The higher “reciprocal” rates targeting nations the Trump administration labels the worst offenders are based on a government tally of the levies and non-tariff barriers those countries impose on U.S. goods. Under Trump’s plan, those countries facing higher, customized rates will be hit with a levy equal to one-half of that calculated amount. Other nations slapped with larger tariffs include Japan at 24 percent, South Korea at 25 percent, India at 26 percent, Cambodia at 49 percent, and Taiwan at 32 percent.
“This is not full reciprocal. This is kind reciprocal,” Trump said. He indicated that he would consider lowering rates if other nations remove their trade barriers on U.S. exports. “I say terminate your own tariffs, drop your barriers, don’t manipulate your currencies,” Trump said.
Oil prices reversed course, turning negative briefly in post-settlement trade. The United States relies on European shipments of fuel to meet demand on the East Coast, where there are few refineries remaining. The U.S. also exports crude to many of the countries on the tariff list.
Trump declared a national emergency tied to the U.S. trade deficit, which stood at more than $918 billion for goods and services in 2024, allowing him to use unilateral authority under the International Emergency Economic Powers Act to impose the most sweeping set of tariffs in generations. The administration is aiming revive American manufacturing with its protectionist shift and collect hundreds of billions of dollars in revenue from the new levies to fill government coffers.
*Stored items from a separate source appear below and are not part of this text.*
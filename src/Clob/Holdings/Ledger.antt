-- ===== src/Clob/Holdings/Ledger.antt =====
-- What `positions` gives where the node answers every call.
use pmt.Prelude.{
  ℕ, String, Bool, true, false, ◌≡◌, refl, ap, Option, some, List, [], ◌∷◌, take, not, skip_if,
  arith, ◌>>=◌, ◌>>◌, inl, inr, Option-cases,
}
use pmt.Numeric.{Numeric, ◌<?◌}
use pmt.Dict.{Dict}
use pmt.Clob.Hex.{int_decimal}
use pmt.Clob.Session.{Response, Session}
use pmt.Clob.Chain.{ctf_contract, token_data, shares_of, token_balance}
use pmt.Clob.Chain.Reads.{IsNode, token_balance-IsNode}
use pmt.Clob.Holdings.{
  Trade, Meta, Position, holding, with_holding, throttle, balance_loop, positions,
}
use pmt.Clob.Holdings.Distinct.{firsts, meta_loop-take}

-- The balances of an address in the contract of outcome tokens.
abbrev pub ledger : (String → String → ℕ) → String → ℕ → ℕ
ledger contract funder token = contract ctf_contract (token_data funder token)

module _ {F : Type 0} ⦃f : Numeric F⦄ where
  -- What a ledger of balances says of a token: a position, if its id is a number and the shares
  -- are more than 0.01.
  abbrev pub owned : (ℕ → ℕ) → String → Meta → Option (Position F)
  owned balance token_id m = do
    token ← int_decimal token_id
    skip_if (not (f.lit 1 2 <? shares_of (balance token)))
    some (record {
      token_id = token_id;
      outcome = m.outcome;
      market = m.market;
      shares = shares_of (balance token);
    })

  pub all_owned : (ℕ → ℕ) → Dict Meta → List (Position F)
  all_owned balance [] = []
  all_owned balance ((token_id, m) ∷ tokens) =
      with_holding (owned balance token_id m) (all_owned balance tokens)

  module _ {post : String → String → ℕ → Response} {contract : String → String → ℕ}
      (node : IsNode post contract) (funder : String) where
    one-owned :
        (token_id : String) (m : Meta) (s : Session)
        → holding token_id m (token_balance post funder token_id s).0
          ≡ owned (ledger contract funder) token_id m
    unfolding token_balance holding
    one-owned token_id m s = elim (Option-cases (int_decimal token_id)) [
      | inl e ↦ rw e refl
      | inr (token, e) ↦
          rw (token_balance-IsNode node funder token_id token s e) (rw e (ground arith))
    ]

    balance_loop-owned :
        (first : Bool) (tokens : Dict Meta) (s : Session)
        → (balance_loop post funder first tokens s).0 ≡ all_owned (ledger contract funder) tokens
    unfolding balance_loop all_owned
    balance_loop-owned first [] s = refl
    balance_loop-owned first ((token_id, m) ∷ tokens) s =
        rw (one-owned token_id m (throttle first s)) (
          ap (with_holding (owned (ledger contract funder) token_id m)) (
            balance_loop-owned false tokens
              (token_balance post {F = F} funder token_id (throttle first s)).1))

    -- Where the node answers every call, the positions are those that the ledger of the contract
    -- shows for the first trades of the different tokens, up to `max_tokens` of them: every token
    -- with a balance of more than 0.01 shares and no other, in the order of the trades.
    pub positions-owned :
        (max_tokens : ℕ) (trades : List Trade) (s : Session)
        → (positions post funder max_tokens trades s).0
          ≡ all_owned (ledger contract funder) (take max_tokens (firsts (λ id. false) trades))
    unfolding positions
    positions-owned max_tokens trades s =
        rw (meta_loop-take max_tokens trades) (balance_loop-owned true _ s)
The president’s move is a historic gamble that is expected to raise the cost of trillions of dollars in goods shipped annually to the U.S. from other countries. It also could ignite a worldwide trade war marked by tit-for-tat strikes that destabilize supply chains, stoke inflation, embolden America’s economic rivals, and encourage foreign powers to form new alliances that exclude the U.S. That dynamic presents a political problem for Trump: Economic pain from the tariffs could come quickly, while any gain in the form of a restructured U.S. economy could take years or longer to materialize.